Госпожа заметно смутилась; она побледнела и еще больше рассердилась.

— Такими делами не шутят! — проговорила она.

— Тогда мне придется посоветоваться с братом, — заметил Правитель. — Брат, слышишь?

— …и семь составляет сто девяносто четыре, что составляет восемнадцать пенсов, — отозвался Вице-губернатор. — Два кладем, шестнадцать в уме.

Канцлер восхищенно поднял руку и выгнул бровь.

— Боже, какой умница! — пробормотал он.

— Брат, пройдем на пару слов в мой кабинет, — более громким голосом произнес Правитель. Вице-губернатор послушно встал, и они вдвоем вышли из комнаты.

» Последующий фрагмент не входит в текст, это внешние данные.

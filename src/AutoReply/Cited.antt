-- ===== src/AutoReply/Cited.antt =====
-- Which articles an answer of apps/api/src/ai/auto-reply.ts cites.
use mathlib.Core.List.{Memᴰ}
use text.Mathlib.TextEquality.{eq_iff}
use ticket_manager_system.Common.{
  String, ◌≡◌, refl, sym, ap, ◌∙◌, Option, none, some, List, [], ◌∷◌, str_eq, All, arith,
  Bool-cases, Option-cases, All-map, inl, inr,
}
use ticket_manager_system.Desk.{Article}
use ticket_manager_system.Text.{trim}
use ticket_manager_system.AutoReply.Drafting.{ModelAnswer, article_by_id, cited_articles}

-- The answer cites the article: its id is one of the answer's, trimmed and in upper case.
abbrev pub Cites : (String → String) → ModelAnswer → Article → Type 0
Cites uppered answer a = (id : String) × (Memᴰ id answer.article_ids × (a.id ≡ uppered (trim id)))

article_by_id-given :
    (articles : List Article) (id : String) (a : Article)
    → article_by_id articles id ≡ some a
    → Memᴰ a articles
unfolding article_by_id
article_by_id-given [] id a e = absurd (cc)
article_by_id-given (b ∷ articles) id a e = elim (Option-cases (article_by_id articles id)) [
  | inr (c, later) ↦ Memᴰ.tail (article_by_id-given articles id a (later ∙ rw later at e))
  | inl last ↦ elim (Bool-cases (str_eq b.id id)) [
    | inl same ↦ Memᴰ.head (ground (arith, rw (last, same) at e))
    | inr other ↦ absurd (cc (rw (last, other) at e))
  ]
]

article_by_id-id :
    (articles : List Article) (id : String) (a : Article)
    → article_by_id articles id ≡ some a
    → a.id ≡ id
unfolding article_by_id
article_by_id-id [] id a e = absurd (cc)
article_by_id-id (b ∷ articles) id a e = elim (Option-cases (article_by_id articles id)) [
  | inr (c, later) ↦ article_by_id-id articles id a (later ∙ rw later at e)
  | inl last ↦ elim (Bool-cases (str_eq b.id id)) [
    | inl same ↦ ap article_id (sym (rw (last, same) at e)) ∙ (eq_iff b.id id).0 same
    | inr other ↦ absurd (cc (rw (last, other) at e))
  ]
]
  where
    article_id : Option Article → String
    article_id none = id
    article_id (some a) = a.id

Cites-later :
    (uppered : String → String) (answer : ModelAnswer) (id : String) (a : Article)
    → Cites uppered answer a
    → Cites uppered (record answer { article_ids = id ∷ answer.article_ids }) a
Cites-later uppered answer id a (cited, (here, same)) = (cited, (Memᴰ.tail here, same))

module _ (lowered uppered : String → String)
    (compose_reply : String → List String → List String → Option String)
    (references_in : String → List String) where
  pub cited_articles-Cites :
      (articles : List Article) (answer : ModelAnswer) (ids : List String)
      → All
          (Cites uppered (record answer { article_ids = ids }))
          (cited_articles lowered uppered compose_reply references_in articles ids)
  unfolding cited_articles
  cited_articles-Cites articles answer [] = tt
  cited_articles-Cites articles answer (id ∷ ids) =
      let rest =
        All-map (Cites-later uppered (record answer { article_ids = ids }) id) _
          (cited_articles-Cites articles answer ids) in
      elim (Option-cases (article_by_id articles (uppered (trim id)))) [
        | inl unknown ↦ rw (unknown, cited_articles) rest
        | inr (a, known) ↦
            rw (known, cited_articles)
              ((id, (Memᴰ.head refl, article_by_id-id articles (uppered (trim id)) a known)), rest)
      ]

  pub cited_articles-given :
      (articles : List Article) (ids : List String)
      → All
          (λ a. Memᴰ a articles)
          (cited_articles lowered uppered compose_reply references_in articles ids)
  unfolding cited_articles
  cited_articles-given articles [] = tt
  cited_articles-given articles (id ∷ ids) =
      elim (Option-cases (article_by_id articles (uppered (trim id)))) [
        | inl unknown ↦ rw (unknown, cited_articles) (cited_articles-given articles ids)
        | inr (a, known) ↦
            rw (known, cited_articles)
              (
                article_by_id-given articles (uppered (trim id)) a known,
                cited_articles-given articles ids,
              )
      ]
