-- ===== src/Prompt/Dashes.antt =====
-- What `withoutDashes` of apps/api/src/ai/provider.ts leaves of a text.
use Prim.Native.Char.{Char, code}
use Prim.Native.String.{[], ◌∷◌}
use ticket_manager_system.Common.{
  ℕ, String, ◌≡◌, refl, ◌∙◌, Bool, false, ◌||◌, arith, Bool-cases, inl, inr,
}
use ticket_manager_system.Text.{is_space}
use ticket_manager_system.Prompt.{
  is_dash, is_punctuation, stand_in, DashPart, matched, since, lead, without_leading, separator,
  held, with_space, without_inner, without_dashes, joined,
}

-- Whether a text has an em dash or an en dash.
unfoldable pub has_dash : String → Bool
has_dash [] = false
has_dash (c ∷ s) = is_dash (code c) || has_dash s

has_dash-joined : (s t : String) → has_dash (joined s t) ≡ (has_dash s || has_dash t)
unfolding has_dash joined
has_dash-joined [] t = refl
has_dash-joined (c ∷ s) t = ground (arith, has_dash-joined s t)

stand_in-plain : (previous : ℕ) → has_dash (stand_in previous) ≡ false
unfolding has_dash joined
stand_in-plain previous = elim (Bool-cases (is_punctuation previous)) [
  | inl after ↦ rw after refl
  | inr other ↦ rw other refl
]

separator-plain : (part : DashPart) → has_dash (separator part) ≡ false
separator-plain matched = stand_in-plain 32
separator-plain (since previous spaces) = stand_in-plain previous

with_space-plain :
    (part : DashPart) (c : Char)
    → is_dash (code c) ≡ false
    → has_dash (held part) ≡ false
    → has_dash (held (with_space part c)) ≡ false
unfolding has_dash joined
with_space-plain matched c plain e = e
with_space-plain (since previous spaces) c plain e =
    has_dash-joined spaces (c ∷ []) ∙ ground (arith, plain, e)

without_inner-plain :
    (part : DashPart) (s : String)
    → has_dash (held part) ≡ false
    → has_dash (without_inner part s) ≡ false
unfolding without_inner has_dash joined
without_inner-plain part [] e = e
without_inner-plain part (c ∷ s) e = elim (Bool-cases (is_dash (code c))) [
  | inl dash ↦
      rw (dash, without_inner)
        (has_dash-joined (separator part) (without_inner matched s)
          ∙ rw (separator-plain part) (without_inner-plain matched s refl))
  | inr plain ↦ elim (Bool-cases (is_space (code c))) [
    | inl space ↦
        rw (plain, without_inner, space)
          (without_inner-plain (with_space part c) s (with_space-plain part c plain e))
    | inr other ↦
        rw (plain, without_inner, other)
          (has_dash-joined (held part) (c ∷ without_inner (since (code c) []) s)
            ∙ rw (e, plain) (without_inner-plain (since (code c) []) s refl))
  ]
]

-- No em dash and no en dash is left, whatever the text.
pub without_dashes-plain : (text : String) → has_dash (without_dashes text) ≡ false
unfolding without_dashes has_dash
without_dashes-plain text = without_inner-plain (since 0 []) (without_leading (lead []) text) refl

Госпожа повернулась к Профессору, который, открыв чайник, измерял карманным термометром температуру воды в нем.

— Профессор! — начала она столь громким тоном, что даже Уггуг, дремавший на стуле, тотчас проснулся и открыл глаза.

Профессор мигом спрятал термометр, всплеснул руками и изобразил на своем лице некое подобие улыбки.

— Надеюсь, вы занимались с моим сыном перед завтраком? — строго спросила Госпожа. — Полагаю, он поразил вас своими дарованиями?

— О да, Госпожа, конечно, — мгновенно отозвался Профессор, потирая ухо; ему, видно, вспомнилось нечто неприятное. — Его Великолепие прямо-таки поразил меня.

— Он просто очаровательный мальчик! — воскликнула Госпожа. — Он даже сморкается куда благозвучнее других мальчишек!

Если бы это было правдой, подумал Профессор, то сморкание других было бы чем-то поистине ужасным; но он был человек осторожный и предпочел промолчать.

— А какой он умница! — продолжала Госпожа. — Вы заметили: никто с таким удовольствием не выслушивал ваши лекции! Так вас никто еще не слушал; но это было обещано много лет назад, задолго до того как…

— Да, да, Госпожа, я помню! Может быть, в следующий вторник… или на следующей неделе…

— Это было бы замечательно, — кокетливо проронила Госпожа. — Вы, конечно, не станете возражать, если и Другой Профессор тоже будет читать ему лекции?